По мнению Аксакова, основным достоинством этих особых отношений было то, что они не требовали никакой правовой гарантии; другими словами, свобода людей не была обеспечена законом. Он утверждал: “Но нет никакого обеспечения, скажут нам; или народ, или власть могут изменить друг другу. Гарантия нужна! – Гарантия не нужна. Гарантия есть зло. Где нужна она, там нет добра; пусть лучше разрушится жизнь, в которой нет доброго, чем стоять с помощью зла. Вся сила в идеале. Да и что значат условия и договоры, как скоро нет силы внутренней? Никакой договор не удержит людей, как скоро нет внутреннего на это желания. Вся сила в нравственном убеждении. Это сокровище есть в России, потому что она всегда в него верила и не прибегала к договорам”[104].
Другой неотъемлемой частью древнерусского идеала общества был “принцип единогласия”, принцип, который пережил петровские реформы в крестьянских общинах России.

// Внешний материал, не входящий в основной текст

-- ===== src/Routine/KeepUp.antt =====
-- pkg/routine/redis_lock.go: how keeping up a lock ends.
use bricks.Prelude.{
  ℕ, ◌/◌, ◌<◌, ◌≡◌, refl, Bool, true, List, [], ◌∷◌, Option, none, some, if_cases, arith,
}
use bricks.Prelude.Int.{ℤ, pos, ◌≤ℤ◌}
use bricks.Routine.{
  Refresh, refreshed, failed, refused, Round, Ended, ran_out, runs_out, keep_up_lock, after_refresh,
}

-- Before the lock runs out, Refresh was refused, and the TTL of the lock is at most the interval of
-- the refreshes.
abbrev pub IsRefused : ℕ → Option Refresh → Type 0
IsRefused ttl last = (t : ℤ) × (last ≡ some (refused (some t))) × (t ≤ℤ pos (ttl / 5))

-- The lock runs out later than the next refresh, unless that is so.
abbrev Known : ℕ → ℤ → Option Refresh → Type 0
Known ttl lock_runs_out_in last = lock_runs_out_in ≤ℤ pos (ttl / 5) → IsRefused ttl last

not_later : (a b : ℤ) (f : Bool) → runs_out a b f ≡ true → a ≤ℤ b
not_later a b f h = ground arith

abbrev GoodEnd : ℕ → Ended × Option Refresh → Type 0
GoodEnd ttl w = w.0 ≡ ran_out → IsRefused ttl w.1

after_refresh-GoodEnd :
    (ttl : ℕ)
    → 0 < ttl
    → (next : ℤ → Option Refresh → Ended × Option Refresh)
    → ((t : ℤ) (last : Option Refresh) → Known ttl t last → GoodEnd ttl (next t last))
    → (r : Refresh) → GoodEnd ttl (after_refresh next ttl r)
unfolding after_refresh
after_refresh-GoodEnd ttl p next k refreshed =
    k (pos ttl) (some refreshed) (λ h. absurd (omega arith))
after_refresh-GoodEnd ttl p next k failed = λ h. cc
after_refresh-GoodEnd ttl p next k (refused none) = λ h. cc
after_refresh-GoodEnd ttl p next k (refused (some t)) =
    k t (some (refused (some t))) (λ h. (t, refl, h))

keep_up_lock-GoodEnd :
    (ttl : ℕ)
    → 0 < ttl
    → (rs : List Round) (t : ℤ) (last : Option Refresh) → Known ttl t last
    → GoodEnd ttl (keep_up_lock ttl rs t last)
unfolding keep_up_lock
keep_up_lock-GoodEnd ttl p [] t last k = λ h. cc
keep_up_lock-GoodEnd ttl p (r ∷ rs) t last k =
    if_cases (GoodEnd ttl) r.is_done _ _ (λ _ h. cc)
      (λ _.
        if_cases (GoodEnd ttl) (runs_out t (pos (ttl / 5)) r.runs_out_first) _ _
          (λ e _. k (not_later t (pos (ttl / 5)) r.runs_out_first e))
          (λ _.
            after_refresh-GoodEnd ttl p (keep_up_lock ttl rs) (keep_up_lock-GoodEnd ttl p rs)
              r.reply))

-- A lock that was obtained with a TTL above zero is given up for running out only right after a
-- refresh that was refused, when its remaining TTL is at most the interval of the refreshes: as long
-- as the refreshes succeed, the next one always comes first.
pub keep_up_lock-ran_out :
    (ttl : ℕ)
    → 0 < ttl
    → (rs : List Round) → (keep_up_lock ttl rs (pos ttl) none).0 ≡ ran_out
    → IsRefused ttl (keep_up_lock ttl rs (pos ttl) none).1
keep_up_lock-ran_out ttl p rs =
    keep_up_lock-GoodEnd ttl p rs (pos ttl) none (λ h. absurd (omega arith))
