-- ===== src/Routine/Registry.antt =====
-- pkg/routine/routine.go: the routines that Run starts, the map of their contexts, and the shutdown that
-- cancels these. Each step is what one goroutine does at once, or in one critical section of the mutex
-- of the map; the map and the routines are functions of the routine's number.
pub mod Shutdown
mod Tests
use bricks.Prelude.{ℕ, ◌+◌, ◌≡◌, Bool, true, false}
use bricks.Prelude.Store.{put}

-- A routine: Run has made its context; has registered that in the map; has started the function. With it,
-- whether the context is canceled, and whether the function has returned or panicked.
pub data Phase : Type 0 where
  absent created : Phase
  registered : (canceled : Bool) → Phase
  started : (canceled ended : Bool) → Phase

-- The cancel function of a context
abbrev pub cancel : Phase → Phase
cancel absent = absent
cancel created = created
cancel (registered canceled) = registered true
cancel (started canceled ended) = started true ended

abbrev pub is_canceled : Phase → Bool
is_canceled absent = false
is_canceled created = false
is_canceled (registered canceled) = canceled
is_canceled (started canceled ended) = canceled

-- The counter, the routines, the map of the contexts, whether a signal was received, whether the shutdown
-- holds the mutex, and the contexts that it has yet to cancel
pub record Routines : Type 0 where
  pub ctr : ℕ
  pub phase : ℕ → Phase
  pub contexts : ℕ → Bool
  pub signaled : Bool
  pub shut : Bool
  pub pending : ℕ → Bool

abbrev pub no_routines : Routines
no_routines = record {
  ctr = 0;
  phase = λ n. absent;
  contexts = λ n. false;
  signaled = false;
  shut = false;
  pending = λ n. false;
}

pub data Step (s : Routines) : Routines → Type 0 where
  -- Run, up to the lock
  begins : Step s (record s { ctr = s.ctr + 1; phase = put (s.ctr + 1) created s.phase })
  -- contexts[num] = cancel, under the mutex
  registers :
      (n : ℕ)
      → s.shut ≡ false
      → s.phase n ≡ created
      → Step s
          (record s { phase = put n (registered false) s.phase; contexts = put n true s.contexts })
  -- Behind the unlock: the function is started, whatever became of its context since.
  starts :
      (n : ℕ) (canceled : Bool)
      → s.phase n ≡ registered canceled
      → Step s (record s { phase = put n (started canceled false) s.phase })
  -- The CancelFunc that Run returned, which can be called before the function is started
  cancels : (n : ℕ) → Step s (record s { phase = put n (cancel (s.phase n)) s.phase })
  -- The function returns or panics; the deferred calls cancel its context and handle the panic.
  ends :
      (n : ℕ) (canceled : Bool)
      → s.phase n ≡ started canceled false
      → Step s (record s { phase = put n (started true true) s.phase })
  -- delete(contexts, num) under the mutex, when the context is done
  deregisters :
      (n : ℕ)
      → s.shut ≡ false
      → is_canceled (s.phase n) ≡ true
      → Step s (record s { contexts = put n false s.contexts })
  -- A signal is received.
  receives : s.signaled ≡ false → Step s (record s { signaled = true })
  -- Then the mutex is locked for good.
  shutdown :
      s.signaled ≡ true → s.shut ≡ false → Step s (record s { shut = true; pending = s.contexts })
  -- One round of the loop over the contexts: cancel() of one of them
  shutdown_cancels :
      (n : ℕ)
      → s.shut ≡ true
      → s.pending n ≡ true
      → Step s
          (record s { phase = put n (cancel (s.phase n)) s.phase; pending = put n false s.pending })

-- What can come of a program's routines
pub data Steps (s : Routines) : Routines → Type 0 where
  start : Steps s s
  and_then : (t u : Routines) → Steps s t → Step t u → Steps s u
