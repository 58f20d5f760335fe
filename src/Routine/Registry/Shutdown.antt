-- ===== src/Routine/Registry/Shutdown.antt =====
-- pkg/routine/routine.go: what a shutdown does to the routines, in every interleaving.
use bricks.Prelude.{
  Bool-cases, ◌⊎◌, inl, inr, arith, ℕ, ◌≡◌, refl, sym, ◌∙◌, Bool, true, false, not,
}
use bricks.Routine.Registry.{
  Phase, absent, created, registered, started, cancel, is_canceled, Routines, no_routines, Step,
  begins, registers, starts, cancels, ends, deregisters, receives, shutdown, shutdown_cancels,
  Steps, start, and_then,
}

-- Run has put the routine's context into the map.
abbrev pub is_registered : Phase → Bool
is_registered absent = false
is_registered created = false
is_registered (registered canceled) = true
is_registered (started canceled ended) = true

-- Its context was registered and is not canceled.
abbrev is_live : Phase → Bool
is_live absent = false
is_live created = false
is_live (registered canceled) = not canceled
is_live (started canceled ended) = not canceled

cancel_lem : (p : Phase) → is_live (cancel p) ≡ false
cancel_lem absent = refl
cancel_lem created = refl
cancel_lem (registered c) = refl
cancel_lem (started c e) = refl

not_live : (p : Phase) → is_canceled p ≡ true → is_live p ≡ false
not_live absent h = cc
not_live created h = cc
not_live (registered c) h = ground arith
not_live (started c e) h = ground arith

-- A context that is not canceled is in the map, or is one that the shutdown has yet to cancel.
pub record IsTracked (s : Routines) : Type 0 where
  pub in_map : (n : ℕ) → s.shut ≡ false → is_live (s.phase n) ≡ true → s.contexts n ≡ true
  pub to_cancel : (n : ℕ) → s.shut ≡ true → is_live (s.phase n) ≡ true → s.pending n ≡ true

Step-IsTracked : {s t : Routines} → Step s t → IsTracked s → IsTracked t
Step-IsTracked {s} begins v = record {
  in_map = λ n h p. ground (arith, v.in_map n h);
  to_cancel = λ n h p. ground (arith, v.to_cancel n h);
}
Step-IsTracked {s} (registers m o c) v = record {
  in_map = λ n h p. ground (arith, v.in_map n h);
  to_cancel = λ n h p. absurd (let e : true ≡ false = sym h ∙ o in cc);
}
Step-IsTracked {s} (starts m c q) v = record {
  in_map = λ n h p. ground (arith, v.in_map n h);
  to_cancel = λ n h p. ground (arith, v.to_cancel n h);
}
Step-IsTracked {s} (cancels m) v = record {
  in_map = λ n h p. ground (arith, v.in_map n h, cancel_lem (s.phase m));
  to_cancel = λ n h p. ground (arith, v.to_cancel n h, cancel_lem (s.phase m));
}
Step-IsTracked {s} (ends m c q) v = record {
  in_map = λ n h p. ground (arith, v.in_map n h);
  to_cancel = λ n h p. ground (arith, v.to_cancel n h);
}
Step-IsTracked {s} (deregisters m o q) v = record {
  in_map = λ n h p. ground (arith, v.in_map n h, not_live (s.phase m) q);
  to_cancel = λ n h p. absurd (let e : true ≡ false = sym h ∙ o in cc);
}
Step-IsTracked {s} (receives o) v = record { in_map = v.in_map; to_cancel = v.to_cancel }
Step-IsTracked {s} (shutdown g o) v = record {
  in_map = λ n h p. cc;
  to_cancel = λ n h p. v.in_map n o p;
}
Step-IsTracked {s} (shutdown_cancels m o w) v = record {
  in_map = λ n h p. absurd (let e : true ≡ false = sym o ∙ h in cc);
  to_cancel = λ n h p. ground (arith, v.to_cancel n h, cancel_lem (s.phase m));
}

Steps-IsTracked : {s t : Routines} → IsTracked s → Steps s t → IsTracked t
Steps-IsTracked v start = v
Steps-IsTracked v (and_then t u steps step) = Step-IsTracked step (Steps-IsTracked v steps)

no_routines-IsTracked : IsTracked no_routines
no_routines-IsTracked = record { in_map = λ n h p. cc; to_cancel = λ n h p. cc }

-- The mutex stays locked, and no routine is registered that was not.
abbrev Stays : ℕ → Routines → Routines → Type 0
Stays n s t =
    (t.shut ≡ true) × (is_registered (t.phase n) ≡ true → is_registered (s.phase n) ≡ true)

cancel-registered : (p : Phase) → is_registered (cancel p) ≡ is_registered p
cancel-registered absent = refl
cancel-registered created = refl
cancel-registered (registered c) = refl
cancel-registered (started c e) = refl

Step-Stays : {s t : Routines} → Step s t → s.shut ≡ true → (n : ℕ) → Stays n s t
Step-Stays begins o n = (o, λ h. ground arith)
Step-Stays (registers m f c) o n = absurd (let e : true ≡ false = sym o ∙ f in cc)
Step-Stays (starts m c q) o n = (o, λ h. ground arith)
Step-Stays {s} (cancels m) o n = (o, λ h. ground (arith, cancel-registered (s.phase m)))
Step-Stays (ends m c q) o n = (o, λ h. ground arith)
Step-Stays (deregisters m f q) o n = (o, λ h. h)
Step-Stays (receives f) o n = (o, λ h. h)
Step-Stays (shutdown g f) o n = absurd (let e : true ≡ false = sym o ∙ f in cc)
Step-Stays {s} (shutdown_cancels m f w) o n =
    (o, λ h. ground (arith, cancel-registered (s.phase m)))

Steps-Stays : {s t : Routines} → Steps s t → s.shut ≡ true → (n : ℕ) → Stays n s t
Steps-Stays start o n = (o, λ h. h)
Steps-Stays (and_then t u steps step) o n =
    let (o', h) = Steps-Stays steps o n in
    let (o'', h') = Step-Stays step o' n in (o'', λ k. h (h' k))

canceled_unless_live :
    (p : Phase) → is_registered p ≡ true → is_live p ≡ false → is_canceled p ≡ true
canceled_unless_live absent r h = cc
canceled_unless_live created r h = cc
canceled_unless_live (registered c) r h = ground arith
canceled_unless_live (started c e) r h = ground arith

-- In every interleaving: once the shutdown holds the mutex and has canceled what was in the map, every
-- routine that is registered, whether its function is yet to start, runs or has ended, has its context
-- canceled, and was registered before the mutex was locked: a routine that was not is never registered,
-- and so never started.
pub shutdown-canceled :
    (s t : Routines)
    → Steps no_routines s
    → s.shut ≡ true
    → Steps s t
    → ((n : ℕ) → t.pending n ≡ false)
    → (n : ℕ) → is_registered (t.phase n) ≡ true
    → (is_registered (s.phase n) ≡ true) × (is_canceled (t.phase n) ≡ true)
shutdown-canceled s t before o after none_left n r =
    let (o', h) = Steps-Stays after o n in
    let tracked : IsTracked t =
      Steps-IsTracked (Steps-IsTracked no_routines-IsTracked before) after in
    (
      h r,
      canceled_unless_live (t.phase n) r
          (not_live_any (Bool-cases (is_live (t.phase n))) o' tracked),
    )
  where
    not_live_any :
        (is_live (t.phase n) ≡ true) ⊎ (is_live (t.phase n) ≡ false)
        → t.shut ≡ true
        → IsTracked t
        → is_live (t.phase n) ≡ false
    not_live_any (inr f) o' v = f
    not_live_any (inl l) o' v =
        absurd (let e : false ≡ true = sym (none_left n) ∙ v.to_cancel n o' l in cc)
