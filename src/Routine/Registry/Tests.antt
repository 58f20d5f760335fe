-- ===== src/Routine/Registry/Tests.antt =====
-- A run of the registry of routines: a routine is registered, a signal is received, the routine starts
-- while the shutdown holds the mutex, and another one cannot be registered.
use bricks.Prelude.{arith, ℕ, ◌≡◌, refl, true, false}
use bricks.Prelude.Store.{put}
use bricks.Routine.Registry.{
  Routines, created, registered, started, cancel, is_canceled, no_routines, begins, registers,
  starts, receives, shutdown, shutdown_cancels, Steps, start, and_then,
}
use bricks.Routine.Registry.Shutdown.{is_registered, shutdown-canceled}

abbrev one_made : Routines
one_made = record no_routines { ctr = 1; phase = put 1 created no_routines.phase }

abbrev signal_received : Routines
signal_received = record one_made { signaled = true }

abbrev one_registered : Routines
one_registered = record signal_received {
  phase = put 1 (registered false) signal_received.phase;
  contexts = put 1 true signal_received.contexts;
}

abbrev shutting : Routines
shutting = record one_registered { shut = true; pending = one_registered.contexts }

abbrev two_made : Routines
two_made = record shutting { ctr = 2; phase = put 2 created shutting.phase }

abbrev one_runs : Routines
one_runs = record two_made { phase = put 1 (started false false) two_made.phase }

abbrev stopped : Routines
stopped = record one_runs {
  phase = put 1 (cancel (one_runs.phase 1)) one_runs.phase;
  pending = put 1 false one_runs.pending;
}

to_lock : Steps no_routines shutting
to_lock =
    and_then one_registered shutting
      (and_then signal_received one_registered
        (and_then one_made signal_received (and_then no_routines one_made start begins)
          (receives refl))
        (registers 1 refl refl))
      (shutdown refl refl)

from_lock : Steps shutting stopped
from_lock =
    and_then one_runs stopped
      (and_then two_made one_runs (and_then shutting two_made start begins) (starts 1 false refl))
      (shutdown_cancels 1 refl refl)

none_left : (n : ℕ) → stopped.pending n ≡ false
none_left n = ground arith

shutdown-canceled_example :
    (is_registered (shutting.phase 1) ≡ true) × (is_canceled (stopped.phase 1) ≡ true)
shutdown-canceled_example =
    shutdown-canceled shutting stopped to_lock refl from_lock none_left 1 refl
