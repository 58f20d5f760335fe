-- ===== src/Routine/Tests.antt =====
-- Runs of pkg/routine.
use bricks.Prelude.{ℕ, suc, ◌*◌, ◌≡◌, refl, true, List, [], ◌∷◌}
use bricks.Prelude.Int.{pos}
use bricks.Prelude.Text.{codes, text_eq}
use bricks.Routine.{
  Exponential, Outcome, lock_error, not_obtained, ran, run, run_loop, single_run, duration_of,
  reset_all,
}

-- A backoff that counts its attempts, and doubles with each.
doubled : ℕ → ℕ
doubled ℕ.zero = 1
doubled (suc n) = 2 * doubled n

abbrev counting : Exponential
counting = record { Backoff = ℕ; duration = λ n. (pos (doubled n), suc n); reset = λ _. 0 }

abbrev outcomes : List Outcome
outcomes = lock_error ∷ lock_error ∷ ran true ∷ not_obtained ∷ ran true ∷ []

waits_run : run counting 50 0 outcomes ≡ (
  pos 0 ∷ pos 1 ∷ pos 2 ∷ pos 1 ∷ pos 10 ∷ pos 1 ∷ [],
  (codes "lock", 0) ∷ (codes "routine", 1) ∷ [],
)
unfolding run run_loop single_run duration_of reset_all text_eq doubled
waits_run = refl
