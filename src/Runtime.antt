-- ===== src/Runtime.antt =====
-- http/jsonapi/runtime: the errors that are sent to a client (error.go), the scanning of a request's
-- parameters (parameters.go) and their validation (validation.go); pkg/isotime, which scans times.
pub mod Errors
pub mod Isotime
pub mod Middleware
pub mod Scan
pub mod Validation
mod Tests
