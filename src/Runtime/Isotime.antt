-- ===== src/Runtime/Isotime.antt =====
-- pkg/isotime/isotime.go. time.Parse is a parameter; an error of it is `none`.
use bricks.Prelude.{List, [], ◌∷◌, Option, none, some, if◌then◌else◌}
use bricks.Prelude.Int.{ℤ, pos}
use bricks.Prelude.Text.{Text, codes, is_empty}

abbrev pub iso8601_layouts : List Text
iso8601_layouts =
    codes "2006-01-02T15:04:05.999999999Z07:00"
    ∷ codes "2006-01-02T15:04:05.999999999"
    ∷ codes "2006-01-02T15:04:05Z07:00"
    ∷ codes "2006-01-02T15:04:05"
    ∷ codes "2006-01-02T15:04Z07:00"
    ∷ codes "2006-01-02T15:04"
    ∷ codes "2006-01-02"
    ∷ codes "2006-01"
    ∷ codes "2006"
    ∷ []

abbrev pub or_else : Option ℤ → Option ℤ → Option ℤ
or_else none rest = rest
or_else (some t) rest = some t

module _ (parse : Text → Text → Option ℤ) where
  -- The loop over the layouts
  unfoldable pub parse_layouts : List Text → Text → Option ℤ
  parse_layouts [] str = none
  parse_layouts (l ∷ layouts) str = or_else (parse l str) (parse_layouts layouts str)

  -- ParseISO8601: the empty string is the zero time.
  unfoldable pub parse_iso8601 : Text → Option ℤ
  unfolding parse_layouts
  parse_iso8601 str = if is_empty str then some (pos 0) else parse_layouts iso8601_layouts str
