-- ===== src/Runtime/Middleware.antt =====
-- http/jsonapi/middleware/error_middleware.go: the writer that turns what is written behind the status of
-- an error into an error of JSON API. A handler is the list of the calls that it makes on its writer.
pub mod Answer
pub mod Late
use bricks.Prelude.{
  ℕ, ◌==◌, leb, ltb, take, Bool, true, false, not, ◌&&◌, ◌||◌, List, [], ◌∷◌, ◌++◌, if◌then◌else◌,
}
use bricks.Prelude.Text.{Text, codes, text_eq, is_empty}
use bricks.Runtime.Errors.{
  Response, bytes, set_header, get_header, write_body, other, content_type, write_error,
}
use bricks.Runtime.Errors

pub record ErrorMiddleware : Type 0 where
  pub writer : Response
  pub status_code : ℕ
  pub has_err : Bool
  pub has_bytes : Bool

-- The calls of a handler. With a write comes what the writer behind returns if it is asked: how many
-- bytes it has taken, and whether it succeeded; one that fails can have taken some.
pub data Call : Type 0 where
  set : Text → Text → Call
  write_header : ℕ → Call
  write : Text → ℕ → Bool → Call

-- strings.Trim(s, "\n")
abbrev pub trim_left : Text → Text
trim_left [] = []
trim_left (c ∷ s) = let rest = trim_left s in if c == 10 then rest else c ∷ s

abbrev pub reverse : Text → Text
reverse [] = []
reverse (c ∷ s) = reverse s ++ c ∷ []

abbrev pub trim : Text → Text
trim s = reverse (trim_left (reverse (trim_left s)))

-- What Write does when it writes through
unfoldable pub write_through : Text → ℕ → Bool → ErrorMiddleware → ErrorMiddleware
write_through b n succeeds e = record {
  writer = write_body (bytes (take n b)) e.writer;
  status_code = e.status_code;
  has_err = e.has_err;
  has_bytes = e.has_bytes || (succeeds && ltb 0 n);
}

unfoldable pub send_error : Text → ErrorMiddleware → ErrorMiddleware
send_error b e = record {
  writer = (write_error e.status_code (other (trim b)) e.writer).0;
  status_code = e.status_code;
  has_err = true;
  has_bytes = e.has_bytes;
}

unfoldable pub is_converted : Text → ErrorMiddleware → Bool
is_converted accept e =
    leb 400 e.status_code
    && text_eq accept content_type
    && not (text_eq (get_header (codes "Content-Type") e.writer) content_type)

module _ (accept : Text) where
  -- Write
  unfoldable pub write_bytes : Text → ℕ → Bool → ErrorMiddleware → ErrorMiddleware
  unfolding write_through send_error is_converted
  write_bytes b n succeeds e =
      if e.has_err
      then e
      else if is_converted accept e
      then if e.has_bytes then e else send_error b e
      else write_through b n succeeds e

  -- WriteHeader, and the writer's own Header().Set
  unfoldable pub step : Call → ErrorMiddleware → ErrorMiddleware
  unfolding write_bytes
  step (set name value) e = record {
    writer = set_header name value e.writer;
    status_code = e.status_code;
    has_err = e.has_err;
    has_bytes = e.has_bytes;
  }
  step (write_header code) e = record {
    writer = Errors.write_header code e.writer;
    status_code = code;
    has_err = e.has_err;
    has_bytes = e.has_bytes;
  }
  step (write b n succeeds) e = write_bytes b n succeeds e

  unfoldable pub steps : List Call → ErrorMiddleware → ErrorMiddleware
  steps [] e = e
  steps (c ∷ calls) e = steps calls (step c e)

  -- Error
  unfoldable pub serve : List Call → Response → Response
  unfolding steps step
  serve calls w =
      (steps calls
        (record { writer = w; status_code = 0; has_err = false; has_bytes = false })).writer
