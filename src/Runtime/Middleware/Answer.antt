-- ===== src/Runtime/Middleware/Answer.antt =====
-- http/jsonapi/middleware/error_middleware.go: what the client gets.
use bricks.Prelude.{
  ℕ, ◌≡◌, leb, ltb, Bool, true, false, not, ◌&&◌, ◌||◌, List, [], ◌∷◌, ◌++◌, Option, none, some,
  take, if◌then◌else◌,
}
use bricks.Prelude.Text.{Text, codes, text_eq}
use bricks.Prelude.Assoc.{lookup, insert}
use bricks.Runtime.Errors.{
  Body, document, bytes, Response, no_error, marked, or_empty, content_type,
}
use bricks.Runtime.Errors
use bricks.Runtime.Middleware.{ErrorMiddleware, Call, set, write_header, write, trim}

abbrev pub Header : Type 0
Header = List (Text × Text)

-- What a handler writes: bytes as they are, of which the client's connection takes some, or the text
-- of an error, to be sent as a document.
pub data Piece : Type 0 where
  plain : Text → Bool → Piece
  converted : Body → Piece

-- A text is one of an error to be converted if the handler's last status is one of an error, the
-- request accepts JSON API, and the handler has not set that content type itself.
abbrev is_error : Text → ℕ → Header → Bool
is_error accept status header =
    leb 400 status
    && text_eq accept content_type
    && not (text_eq (or_empty (lookup (codes "Content-Type") header)) content_type)

-- The document for a text: one error with the status, the text as its title, and the id of the
-- request.
abbrev error_document : ℕ → Header → Text → Body
error_document status header text = document (
    marked status (or_empty (lookup (codes "Request-Id") header))
      (record no_error { title = trim text } ∷ []))

abbrev piece : Text → ℕ → Header → Text → ℕ → Bool → Piece
piece accept status header b n succeeds =
    if is_error accept status header
    then converted (error_document status header b)
    else plain (take n b) (succeeds && ltb 0 n)

-- What a handler writes by its calls, from a status and a header on.
unfoldable pub pieces : Text → ℕ → Header → List Call → List Piece
pieces accept status header [] = []
pieces accept status header (set name value ∷ calls) =
    pieces accept status (insert name value header) calls
pieces accept status header (write_header code ∷ calls) = pieces accept code header calls
pieces accept status header (write b n succeeds ∷ calls) =
    piece accept status header b n succeeds ∷ pieces accept status header calls

-- All the bytes; those in front of the first error, and whether a write of them was a success.
abbrev all_bytes : List Piece → List Body
all_bytes [] = []
all_bytes (plain b delivered ∷ ps) = bytes b ∷ all_bytes ps
all_bytes (converted d ∷ ps) = all_bytes ps

abbrev front_bytes : List Piece → List Body
front_bytes [] = []
front_bytes (plain b delivered ∷ ps) = bytes b ∷ front_bytes ps
front_bytes (converted d ∷ ps) = []

abbrev front_delivered : List Piece → Bool
front_delivered [] = false
front_delivered (plain b delivered ∷ ps) = delivered || front_delivered ps
front_delivered (converted d ∷ ps) = false

abbrev first_error : List Piece → Option Body
first_error [] = none
first_error (plain b delivered ∷ ps) = first_error ps
first_error (converted d ∷ ps) = some d

abbrev choose : Option Body → Bool → List Body → List Body → List Body
choose none delivered front all = all
choose (some d) true front all = all
choose (some d) false front all = front ++ d ∷ []

-- The client gets all the bytes if there is no error or one comes too late, and otherwise the first
-- error and nothing behind it.
unfoldable pub answer : List Piece → List Body
answer ps = choose (first_error ps) (front_delivered ps) (front_bytes ps) (all_bytes ps)

-- What comes behind the body so far, by the two flags.
abbrev rest : Bool → Bool → List Piece → List Body
rest true has_bytes ps = []
rest false true ps = all_bytes ps
rest false false ps = answer ps

module _ (accept b : Text) (n : ℕ) (succeeds : Bool) (w : Response) (status : ℕ) where
  abbrev before : Bool → ErrorMiddleware
  before hb = record { writer = w; status_code = status; has_err = false; has_bytes = hb }

  abbrev Written : (ℕ → Header → List Piece) → Bool → ErrorMiddleware → Piece → Type 0
  Written ps hb e p =
      e.writer.body ++ rest e.has_err e.has_bytes (ps e.status_code e.writer.header)
      ≡ w.body ++ rest false hb (p ∷ ps status w.header)

-- Of a writer and what is still written: the body in the end.
abbrev body_by : (ℕ → Header → List Piece) → ErrorMiddleware → List Body
body_by ps e = e.writer.body ++ rest e.has_err e.has_bytes (ps e.status_code e.writer.header)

Если общество хочет сохранить духовное и моральное единство, доказывал Аксаков, все важные решения должны приниматься единогласно; принять “принцип большинства” значило бы рассматривать разобщение как норму, санкционировать разногласие и конфликт в обществе. Это было бы равно допущению, что общество – просто сумма индивидуальных взглядов. Аксаков с восхищением писал о древних славянах, которые (согласно хронике Дитмара) предпочитали скорее принуждать к единогласию, чем допускать разобщенность путем возведения правила “механического большинства” в статус принципа. Он писал: “Единогласие – это сложный вопрос; несмотря на то что всегда трудно достичь высот нравственного порядка и особенно сложно быть христианином; все же это не значит, что людям стоит отказаться от достижения моральных высот или отвергать христианство… Здесь не место вспоминать, как с древних времен славяне пытались сохранить лелеямый принцип единодушия; как, будучи не способны достичь согласия, они предпочитали воевать, наложить на себя наказание, как будто для собственного совершенствования; как с целью исторгнуть согласие у нескольких они прибегали к помощи насилия, и все это для того, чтобы избежать признания решений большинства как имеющих правовую силу, как закон; с целью не разрушить принцип всеобщего согласия, на котором базировалось единство более высокого порядка – единство общины”[105].
Аксаков не вполне понимал, что принцип единогласия не был исключительной принадлежностью славянского мира[106]. И он совсем не понимал того, что старое польское дворянство, которое он осуждал за “предательство славянства”, следует отнести к наиболее стойким и последовательным защитникам этого принципа. В конце концов, пресловутое Liberum veto было не чем иным, как обратной стороной принципа единогласия. Это прекрасно понимал великий польский поэт Адам Мицкевич, который сравнил Сейм Польско-Литовского государства с конклавом кардиналов и английским судом присяжных. Он даже процитировал тот же эпизод о древних славянах, который выбрал из хроники Дитмара Аксаков, замечая при этом: “Вето не было изобретением поляков, а возникло на заре истории славян. Право вето существовало во всех славянских общинах, где собственность, право и обязанности были общими для всех; каждый человек выигрывал от части высших законов. Общины, однако, охраняли себя от вето силой, палками принуждая оппонентов голосовать в соответствии с мнением большинства. Вето существовало также в русских и чешских общинах”[107].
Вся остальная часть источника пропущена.